Spatiëring voor sommige enkel gespatieerde lettertypen kan ook ongepast zijn bij anti-aliasing. Dit lijkt vooral een probleem te zijn bij KDE. Een mogelijke oplossing hiervoor is het vergroten van de spatiëring van die lettertypen naar 100:

<match target="pattern" name="family">
   <test qual="any" name="family">
       <string>fixed</string>
   </test>
   <edit name="family" mode="assign">
       <string>mono</string>
   </edit>
</match>
<match target="pattern" name="family">
    <test qual="any" name="family">
        <string>console</string>
    </test>
    <edit name="family" mode="assign">
        <string>mono</string>
    </edit>
</match>

Het bovenstaande hernoemt de standaardnamen van lettertypen naar "mono"). Voeg daarna het volgende toe:

<match target="pattern" name="family">
    <test qual="any" name="family">
        <string>mono</string>
    </test>
    <edit name="spacing" mode="assign">
        <int>100</int>
    </edit>
</match>

Bepaalde lettertypen, zoals Helvetica, kunnen problemen hebben met anti-aliasing. Dit uit zich meestal in een lettertype dat verticaal door midden lijkt gesneden. Op zijn ergst kan het applicaties laten crashen. Om dit te voorkomen kan overwogen worden om ook de volgende regels toe te voegen aan local.conf:

<match target="pattern" name="family">
    <test qual="any" name="family">
        <string>Helvetica</string>
    </test>
    <edit name="family" mode="assign">
        <string>sans-serif</string>
    </edit>
</match>

Als de wijzigingen in local.conf zijn gemaakt dient niet vergeten te worden het bestand te eindigen met de tag </fontconfig> tag. Als dit niet gedaan wordt, dan worden de wijzigingen niet gezien.

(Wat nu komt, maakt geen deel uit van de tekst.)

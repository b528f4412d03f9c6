-- ===== src/FieldIter/Runs.antt =====
-- The descriptors of a small message: `a` required, `b` optional, and an extension field.
use breakpoint.Base.{
  ℕ, zero, suc, ◌+◌, ◌<◌, ◌≢◌, get_or, ◌≡◌, ◌⊎◌, refl, true, false, not, some, List, [], ◌∷◌,
  length, ◌==◌, All, arith,
}
use breakpoint.Base.Int.{pos, negsuc}
use breakpoint.Descriptor.{Field, field_at, pb_htype, pb_atype, pb_size_max}
use breakpoint.Descriptor.HType
use breakpoint.Descriptor.AType
use breakpoint.FieldIter.{
  place, pb_field_iter_begin, pb_field_iter_next, pb_field_iter_find, find_extension_field,
  is_wanted, is_extension, find_from, step_to, size_in_struct, same_union,
}
use breakpoint.FieldIter.Layout.{IsTagged, iter_at, next_pos}
use breakpoint.FieldIter.Members.{
  Struct, IsApart, InUnion, Describes, PointsAt, pb_field_iter_next-PointsAt,
}
use breakpoint.FieldIter.Search.{Stops, Missing, pb_field_iter_find_lem, find_extension_field_lem}

abbrev three_fields : List Field
three_fields =
    record {
      tag = 1;
      type = 0x00;
      data_offset = 0;
      size_offset = pos 0;
      data_size = 4;
      array_size = 0;
      ptr = 0;
    }
    ∷ record {
      tag = 2;
      type = 0x10;
      data_offset = 4;
      size_offset = negsuc 3;
      data_size = 4;
      array_size = 0;
      ptr = 0;
    }
    ∷ record {
      tag = 100;
      type = 0x58;
      data_offset = 0;
      size_offset = pos 0;
      data_size = 8;
      array_size = 0;
      ptr = 0;
    }
    ∷ []

tagged : All IsTagged three_fields
tagged = (omega arith, (omega arith, (omega arith, tt)))

-- From `b` round to `a`.
finds_first :
    pb_field_iter_find (iter_at three_fields 1000 1) 1 ≡ some (iter_at three_fields 1000 0, true)
unfolding pb_field_iter_find find_from pb_field_iter_next is_wanted iter_at pb_field_iter_begin
    step_to size_in_struct same_union
finds_first = refl

finds :
    Stops three_fields 1000 (is_wanted 1) (pb_field_iter_find (iter_at three_fields 1000 1) 1)
    ⊎ ((pb_field_iter_find (iter_at three_fields 1000 1) 1
          ≡ some (iter_at three_fields 1000 1, false))
        × Missing three_fields 1000 (is_wanted 1) 0 (length three_fields))
finds = pb_field_iter_find_lem three_fields 1000 1 1 tagged (omega arith)

finds_extension :
    Stops three_fields 1000 is_extension (find_extension_field (iter_at three_fields 1000 1))
    ⊎ ((find_extension_field (iter_at three_fields 1000 1)
          ≡ some (iter_at three_fields 1000 1, false))
        × Missing three_fields 1000 is_extension 0 (length three_fields))
finds_extension = find_extension_field_lem three_fields 1000 1 tagged (omega arith)

-- struct { int32_t a; bool has_b; int32_t b; int which_u; union { int64_t c; int32_t d; } u; }
abbrev four_fields : List Field
four_fields =
    record {
      tag = 1;
      type = 0x00;
      data_offset = 0;
      size_offset = pos 0;
      data_size = 4;
      array_size = 0;
      ptr = 0;
    }
    ∷ record {
      tag = 2;
      type = 0x10;
      data_offset = 4;
      size_offset = negsuc 3;
      data_size = 4;
      array_size = 0;
      ptr = 0;
    }
    ∷ record {
      tag = 3;
      type = 0x30;
      data_offset = 4;
      size_offset = negsuc 3;
      data_size = 8;
      array_size = 0;
      ptr = 0;
    }
    ∷ record {
      tag = 4;
      type = 0x30;
      data_offset = pb_size_max;
      size_offset = negsuc 3;
      data_size = 4;
      array_size = 0;
      ptr = 0;
    }
    ∷ []

four_fields-IsTagged : All IsTagged four_fields
four_fields-IsTagged = (omega arith, (omega arith, (omega arith, (omega arith, tt))))

abbrev with_union : Struct
with_union = record {
  offset_of = λ i. get_or (0 ∷ 8 ∷ 16 ∷ 16 ∷ []) i 0;
  size_of = λ i. get_or (4 ∷ 4 ∷ 8 ∷ 4 ∷ []) i 0;
  count_of = λ i. get_or (0 ∷ 4 ∷ 12 ∷ 12 ∷ []) i 0;
}

not_repeated : (i : ℕ) → pb_htype (field_at four_fields i).type ≢ HType.repeated
not_repeated zero = omega arith
not_repeated (suc zero) = omega arith
not_repeated (suc (suc zero)) = omega arith
not_repeated (suc (suc (suc zero))) = omega arith
not_repeated (suc (suc (suc (suc i)))) = omega arith

not_pointer : (i : ℕ) → pb_atype (field_at four_fields i).type ≢ AType.pointer
not_pointer zero = omega arith
not_pointer (suc zero) = omega arith
not_pointer (suc (suc zero)) = omega arith
not_pointer (suc (suc (suc zero))) = omega arith
not_pointer (suc (suc (suc (suc i)))) = omega arith

sizes : (i : ℕ) → with_union.size_of i ≡ (field_at four_fields i).data_size
sizes zero = refl
sizes (suc zero) = refl
sizes (suc (suc zero)) = refl
sizes (suc (suc (suc zero))) = refl
sizes (suc (suc (suc (suc i)))) = refl

members_behind :
    (i : ℕ)
    → suc i < length four_fields
    → ¬ InUnion four_fields i
    → with_union.offset_of (suc i)
      ≡ with_union.offset_of i + with_union.size_of i + (field_at four_fields (suc i)).data_offset
members_behind zero lt u = refl
members_behind (suc zero) lt u = refl
members_behind (suc (suc zero)) lt u = absurd (u (record { this = refl; that = refl; mark = refl }))
members_behind (suc (suc (suc i))) lt u = absurd (omega arith)

union_members :
    (i : ℕ)
    → suc i < length four_fields
    → InUnion four_fields i
    → (with_union.offset_of (suc i) ≡ with_union.offset_of i)
      × (with_union.count_of (suc i) ≡ with_union.count_of i)
union_members zero lt u = absurd (omega (arith, u.this))
union_members (suc zero) lt u = absurd (omega (arith, u.this))
union_members (suc (suc zero)) lt u = (refl, refl)
union_members (suc (suc (suc i))) lt u = absurd (omega arith)

counts :
    (i : ℕ)
    → i < length four_fields
    → IsApart (with_union.offset_of i) (field_at four_fields i).size_offset (with_union.count_of i)
counts zero lt = refl
counts (suc zero) lt = refl
counts (suc (suc zero)) lt = refl
counts (suc (suc (suc zero))) lt = refl
counts (suc (suc (suc (suc i)))) lt = absurd (omega arith)

described : Describes with_union four_fields
described = record {
  array = λ i a r. absurd (not_repeated i r);
  pointer = λ i a. absurd (not_pointer i a);
  single = λ i a r. sizes i;
  first = refl;
  behind = members_behind;
  union = union_members;
  counted = counts;
}

-- From `b` to `c`.
steps_to_union :
    PointsAt with_union four_fields 1000
      (next_pos four_fields 1)
      (pb_field_iter_next (place four_fields 1 1 1000 1008)).0
    × ((pb_field_iter_next (place four_fields 1 1 1000 1008)).1 ≡ not (2 == length four_fields))
steps_to_union =
    pb_field_iter_next-PointsAt with_union four_fields 1000 1 (place four_fields 1 1 1000 1008)
      described four_fields-IsTagged (omega arith)
      (record {
        start = refl;
        position = refl;
        dest_struct = refl;
        member = refl;
        count = refl;
        required = refl;
      })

Als laatste kunnen gebruikers hun eigen instellingen aan een persoonlijk .fonts.conf bestand toevoegen. Om dit te doen moet iedere gebruiker het bestand ~/.fonts.conf maken. Ook dit bestand moet in het XML formaat zijn.

Nog een laatste punt: bij een LCD scherm kan sub-pixel sampling prettig zijn. Eigenlijk zorgt dit er voor dat de (horizontaal gesplitste) rode, groene en blauwe componenten gewijzigd worden om de horizontale resolutie te verbeteren. Het resultaat is geweldig. Voeg hiervoor de volgende regels ergens aan local.conf toe:

<match target="font">
    <test qual="all" name="rgba">
        <const>unknown</const>
    </test>
    <edit name="rgba" mode="assign">
        <const>rgb</const>
    </edit>
</match>

Afhankelijk van het soort beeldscherm kan rgb veranderd moeten worden in bgr, vrgb of vbgr. Experimenteren levert de beste instelling op.

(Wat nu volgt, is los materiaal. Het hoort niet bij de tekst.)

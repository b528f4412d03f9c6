-- ===== src/Output/Encoding.antt =====
-- The bytes that the number encoders hand to pb_write, in plain arithmetic.
use breakpoint.Base.{
  ℕ, zero, suc, ◌+◌, ◌*◌, ◌/◌, ◌%◌, ◌^◌, ◌≤◌, ◌<◌, bit_and, bit_or, ◌≡◌, refl, ap, ◌∙◌, some, List,
  [], ◌∷◌, length, ltb, leb, if◌then◌else◌, arith, true, Bool-cases, inl, inr,
}
use breakpoint.Base.Bits.{bit_and-0x7f, bit_and-0xff, bit_or-0x80, bit_or-shift_left}
use breakpoint.Base.Bytes.{little_endian}
use breakpoint.Output.{
  Ostream, fill_buffer, unset_top_bit, pb_write, pb_encode_varint, pb_encode_tag, pb_encode_fixed32,
  pb_encode_fixed64, byte_at,
}

-- The groups of seven bits of `v`, lowest first, for `v` below 128 ^ (k + 1).
unfoldable pub groups : ℕ → ℕ → List ℕ
groups zero v = v ∷ []
groups (suc k) v =
    let rest = groups k (v / 128) in if ltb v 128 then v ∷ [] else (v % 128 + 128) ∷ rest

-- The varint of a uint64_t.
unfoldable pub varint : ℕ → List ℕ
unfolding groups
varint v = groups 9 v

-- What `buffer` holds after the loop: every byte has its top bit set.
marked : ℕ → ℕ → List ℕ
marked zero v = (v + 128) ∷ []
marked (suc k) v =
    let rest = marked k (v / 128) in (v % 128 + 128) ∷ (if ltb v 128 then [] else rest)

group_byte : (v : ℕ) → bit_or (bit_and v 0x7f) 0x80 ≡ v % 128 + 128
group_byte v = ap (λ t. bit_or t 0x80) (bit_and-0x7f v) ∙ bit_or-0x80 (v % 128) (omega arith)

fill_buffer-marked : (k v : ℕ) → 0 < v → v < 128 ^ suc k → fill_buffer (suc k) v ≡ some (marked k v)
unfolding fill_buffer marked
fill_buffer-marked zero v pos h = ground (arith, group_byte v)
fill_buffer-marked (suc k) v pos h = ground (arith, group_byte v, fill_buffer-marked k (v / 128))

unset_top_bit-cons : (b k v : ℕ) → unset_top_bit (b ∷ marked k v) ≡ b ∷ unset_top_bit (marked k v)
unfolding unset_top_bit marked
unset_top_bit-cons b zero v = refl
unset_top_bit-cons b (suc k) v = refl

unset_top_bit-marked : (k v : ℕ) → v < 128 ^ suc k → unset_top_bit (marked k v) ≡ groups k v
unfolding unset_top_bit marked groups
unset_top_bit-marked zero v h = ground (arith, bit_and-0x7f (v + 128))
unset_top_bit-marked (suc k) v h = ground (
  arith,
  bit_and-0x7f (v % 128 + 128),
  unset_top_bit-cons (v % 128 + 128) k (v / 128),
  unset_top_bit-marked k (v / 128),
)

length-marked : (k v : ℕ) → length (marked k v) ≡ length (groups k v)
unfolding marked groups
length-marked zero v = refl
length-marked (suc k) v = ground (arith, length-marked k (v / 128))

pub length-groups : (k v : ℕ) → (1 ≤ length (groups k v)) × (length (groups k v) ≤ k + 1)
unfolding groups
length-groups zero v = omega arith
length-groups (suc k) v = ground (arith, length-groups k (v / 128))

pub length-varint : (v : ℕ) → length (varint v) < 2 ^ 64
unfolding varint
length-varint v = omega (arith, length-groups 9 v)

pub length-varint-positive : (v : ℕ) → 0 < length (varint v)
unfolding varint
length-varint-positive v = omega (arith, length-groups 9 v)

pub length-varint-le : (v : ℕ) → length (varint v) ≤ 10
unfolding varint
length-varint-le v = omega (arith, length-groups 9 v)

-- pb_encode_varint writes the varint in one call of pb_write, to any stream.
pub pb_encode_varint_lem :
    (v : ℕ) (s : Ostream)
    → v < 2 ^ 64
    → pb_encode_varint v s ≡ pb_write (varint v) (length (varint v)) s
unfolding pb_encode_varint varint
pb_encode_varint_lem v s h = elim (Bool-cases (leb v 0x7f)) [
  | inl short ↦ rw short (short_case short)
  | inr long ↦
      rw (long, fill_buffer-marked 9 v (ground arith) (omega arith))
        (rw (unset_top_bit-marked 9 v (omega arith), length-marked 9 v))
]
  where
    short_case :
        leb v 0x7f ≡ true
        → pb_write ((v % 256) ∷ []) 1 s ≡ pb_write (groups 9 v) (length (groups 9 v)) s
    short_case e = unfold groups in ground arith

-- pb_encode_tag hands the varint of `tag * 8 + wire_type` to one call of pb_write, for any stream, a wire
-- type of three bits and a tag below 2^32.
pub pb_encode_tag_lem :
    (wire_type tag : ℕ) (s : Ostream)
    → wire_type < 8
    → tag < 2 ^ 32
    → pb_encode_tag wire_type tag s
      ≡ pb_write (varint (tag * 8 + wire_type)) (length (varint (tag * 8 + wire_type))) s
unfolding pb_encode_tag
pb_encode_tag_lem wire_type tag s hw ht =
    ap (λ t. pb_encode_varint t s)
      (ap (λ t. bit_or t wire_type) (fits tag ht) ∙ bit_or-shift_left 3 wire_type tag hw)
    ∙ pb_encode_varint_lem (tag * 8 + wire_type) s (omega arith)
  where
    fits : (t : ℕ) → t < 2 ^ 32 → t * 2 ^ 3 % 2 ^ 64 ≡ t * 2 ^ 3
    fits t h = omega arith

byte_at-shift : (val k : ℕ) → byte_at val k ≡ val / 2 ^ k % 256
byte_at-shift val k = bit_and-0xff (val / 2 ^ k)

pub pb_encode_fixed32_lem : (val : ℕ) → pb_encode_fixed32 val ≡ pb_write (little_endian 4 val) 4
unfolding pb_encode_fixed32 little_endian
pb_encode_fixed32_lem val =
    ap (λ bs. pb_write bs 4)
      (ground
        (arith, bit_and-0xff val, byte_at-shift val 8, byte_at-shift val 16, byte_at-shift val 24))

pub pb_encode_fixed64_lem : (val : ℕ) → pb_encode_fixed64 val ≡ pb_write (little_endian 8 val) 8
unfolding pb_encode_fixed64 little_endian
pb_encode_fixed64_lem val =
    ap (λ bs. pb_write bs 8)
      (ground (
        arith,
        bit_and-0xff val,
        byte_at-shift val 8,
        byte_at-shift val 16,
        byte_at-shift val 24,
        byte_at-shift val 32,
        byte_at-shift val 40,
        byte_at-shift val 48,
        byte_at-shift val 56,
      ))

6.6. De X beeldschermmanager

6.6.1. Overzicht

De X beeldschermmanager (XDM) is een optioneel onderdeel van het X Window systeem dat gebruikt wordt voor beheer van aanmeldsessies. Dit is vaak erg handig bij bijvoorbeeld "X Terminals", desktops en grote netwerk beeldschermservers. Omdat het X Window systeem netwerk- en protocolonafhankelijk is, zijn er veel mogelijkheden om X clients en servers op verschillende machines in een netwerk te verbinden. XDM levert een grafische interface waarmee er gekozen kan worden welke beeldschermserver gebruikt moet worden en handelt autorisatie informatie (gebruikersnaam en wachtwoord) af.

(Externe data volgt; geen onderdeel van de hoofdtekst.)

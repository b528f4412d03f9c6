-- ===== src/Format.antt =====
-- The wire format of a message of static fields that are required or optional: what the bytes of a
-- message structure in memory stand for, said without streams. `at` gives the descriptors at an address.
pub mod Texts
pub mod Plain
pub mod Emits
pub mod Agrees
pub mod Cleared
pub mod Reads
pub mod Encoded
pub mod Decoded
mod Samples
mod Runs
use breakpoint.Base.{
  ℕ, zero, suc, ◌+◌, ◌*◌, ◌==◌, ◌&&◌, ◌||◌, Bool, true, false, if◌then◌else◌, List, [], ◌∷◌, ◌++◌,
  length,
}
use breakpoint.Base.Bytes.{little_endian}
use breakpoint.Memory.{Memory, load, load_bytes}
use breakpoint.Descriptor.{Field, field_at, offset_by, pb_ltype, pb_htype}
use breakpoint.Descriptor.LType
use breakpoint.Descriptor.HType
use breakpoint.FieldIter.Layout.{iter_at}
use breakpoint.Wire.{pb_wt_varint, pb_wt_64bit, pb_wt_string, pb_wt_32bit}
use breakpoint.Output.{zigzag}
use breakpoint.Output.Encoding.{varint}
use breakpoint.Decoder.Values.{sign_extend}
use breakpoint.Encoder.Values.{string_length}

-- The bytes of a message at an address.
abbrev pub Writer : Type 0
Writer = List Field → ℕ → Memory → List ℕ

-- A message behind its length.
abbrev pub delimited : List ℕ → List ℕ
delimited bytes = varint (length bytes) ++ bytes

-- The string in `size` bytes, up to its NUL.
abbrev pub text : ℕ → ℕ → Memory → List ℕ
text size p m = load_bytes (string_length size p m) p m

abbrev pub wire_type : ℕ → ℕ
wire_type ltype =
    if ltype == LType.fixed32
    then pb_wt_32bit
    else if ltype == LType.fixed64
    then pb_wt_64bit
    else if ltype == LType.submessage || ltype == LType.string || ltype == LType.fixed_length_bytes
    then pb_wt_string
    else pb_wt_varint

-- An optional field with its flag at 0 is absent.
abbrev pub is_absent : Field → ℕ → Memory → Bool
is_absent f p m = pb_htype f.type == HType.optional && load 1 (offset_by p f.size_offset) m == 0

module _ (at : ℕ → List Field) (nested : Writer) where
  -- The value of a field whose data is at `p`: a number sign-extended, plain or zig-zag as a varint, a
  -- fixed number of bytes, or a message, a string or bytes behind their length.
  unfoldable pub value_bytes : Field → ℕ → Memory → List ℕ
  value_bytes f p m =
      let ltype = pb_ltype f.type in
      let number = load f.data_size p m in
      let signed = sign_extend (8 * f.data_size) number in
      if ltype == LType.varint
      then varint signed
      else if ltype == LType.uvarint
      then varint number
      else if ltype == LType.svarint
      then varint (zigzag signed)
      else if ltype == LType.submessage
      then delimited (nested (at f.ptr) p m)
      else if ltype == LType.string
      then delimited (text f.data_size p m)
      else if ltype == LType.fixed_length_bytes
      then delimited (load_bytes f.data_size p m)
      else little_endian f.data_size number

  unfoldable pub entry_bytes : Field → ℕ → Memory → List ℕ
  entry_bytes f p m =
      if is_absent f p m
      then []
      else varint (f.tag * 8 + wire_type (pb_ltype f.type)) ++ value_bytes f p m

  -- The entries of the fields from `i` on, `count` of them.
  unfoldable pub fields_bytes : ℕ → ℕ → Writer
  fields_bytes zero i fields src m = []
  fields_bytes (suc count) i fields src m =
      entry_bytes (field_at fields i) (iter_at fields src i).p_data m
      ++ fields_bytes count (suc i) fields src m

-- A message with at most `n` levels of messages, itself included.
unfoldable pub message_bytes : (ℕ → List Field) → ℕ → Writer
message_bytes at zero fields src m = []
message_bytes at (suc n) fields src m =
    fields_bytes at (λ fs p m'. message_bytes at n fs p m') (length fields) 0 fields src m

XDM levert de gebruiker dezelfde functionaliteit levert als getty(8) (zie Instellen). Dus het regelt de systeemaanmeldingen voor de schermen waaraan verbonden moet worden en start dan een sessie manager namens de gebruiker (meestal een X window manager). XDM wacht dan tot het programma stopt en geeft aan dat de gebruiker klaar is en afgemeld kan worden. Hierna kan XDM het aanmeldscherm weer tonen zodat de volgende gebruiker kan aanmelden.

6.6.2. XDM gebruiken

Om XDM te gebruiken moet de port x11/xdm geïnstalleerd worden (het wordt in recente versies van Xorg niet standaard geïnstalleerd). Het daemon-programma XDM is daarna beschikbaar in /usr/local/bin/xdm. Dit programma kan als root altijd gestart worden en regelt dan het X weergavegedeelte van de lokale machine. Als XDM iedere keer bij het opstarten moet starten is het handig om een regel toe te voegen aan /etc/ttys. Meer informatie over het gebruik van dit bestand staat in Een regel aan /etc/ttys toevoegen. In de standaardversie van /etc/ttys staat een regel om de applicatie daemon XDM op een virtuele terminal te draaien:

ttyv8   "/usr/local/bin/xdm -nodaemon"  xterm   off secure

Standaard staat deze regel uit. Om hem aan te zetten moet veld 5 van off naar on gewijzigd worden en moet met init(8) herstart worden met gebruikmaking van de aanwijzingen in init forceren om /etc/ttys opnieuw te lezen. Het eerste veld, de naam van de terminal die het programma aanstuurt, is ttyv8. Dit houdt in dat XDM op de negende virtuele terminal begint te draaien.

6.6.3. XDM instellen

De map met instellingen voor XDM is /usr/local/lib/X11/xdm. In deze map staan diverse bestanden die gebruikt kunnen worden om het gedrag en uiterlijk van XDM te veranderen. Meestal zijn dit de volgende bestanden:

BestandOmschrijving

Xaccess

Regels voor client authorisatie.

Xresources

Standaard waarden voor X bronnen.

Xservers

Lijst met op afstand en lokaal te beheren schermen.

Xsession

Standaard sessie script voor logins.

Xsetup_*

Script die applicaties start voordat de login interface start.

xdm-config

Algehele instellingen voor alle schermen op deze machine.

xdm-errors

Fouten die gegenereerd zijn door het serverprogramma.

xdm-pid

Het proces ID van de draaiende XDM.

Tevens staan in deze map een aantal scripts en programma’s om het bureaublad in te stellen als XDM draait. Het doel van elk van deze bestanden wordt kort omschreven. De juiste syntaxis en het gebruik van deze bestanden staat in xdm(1).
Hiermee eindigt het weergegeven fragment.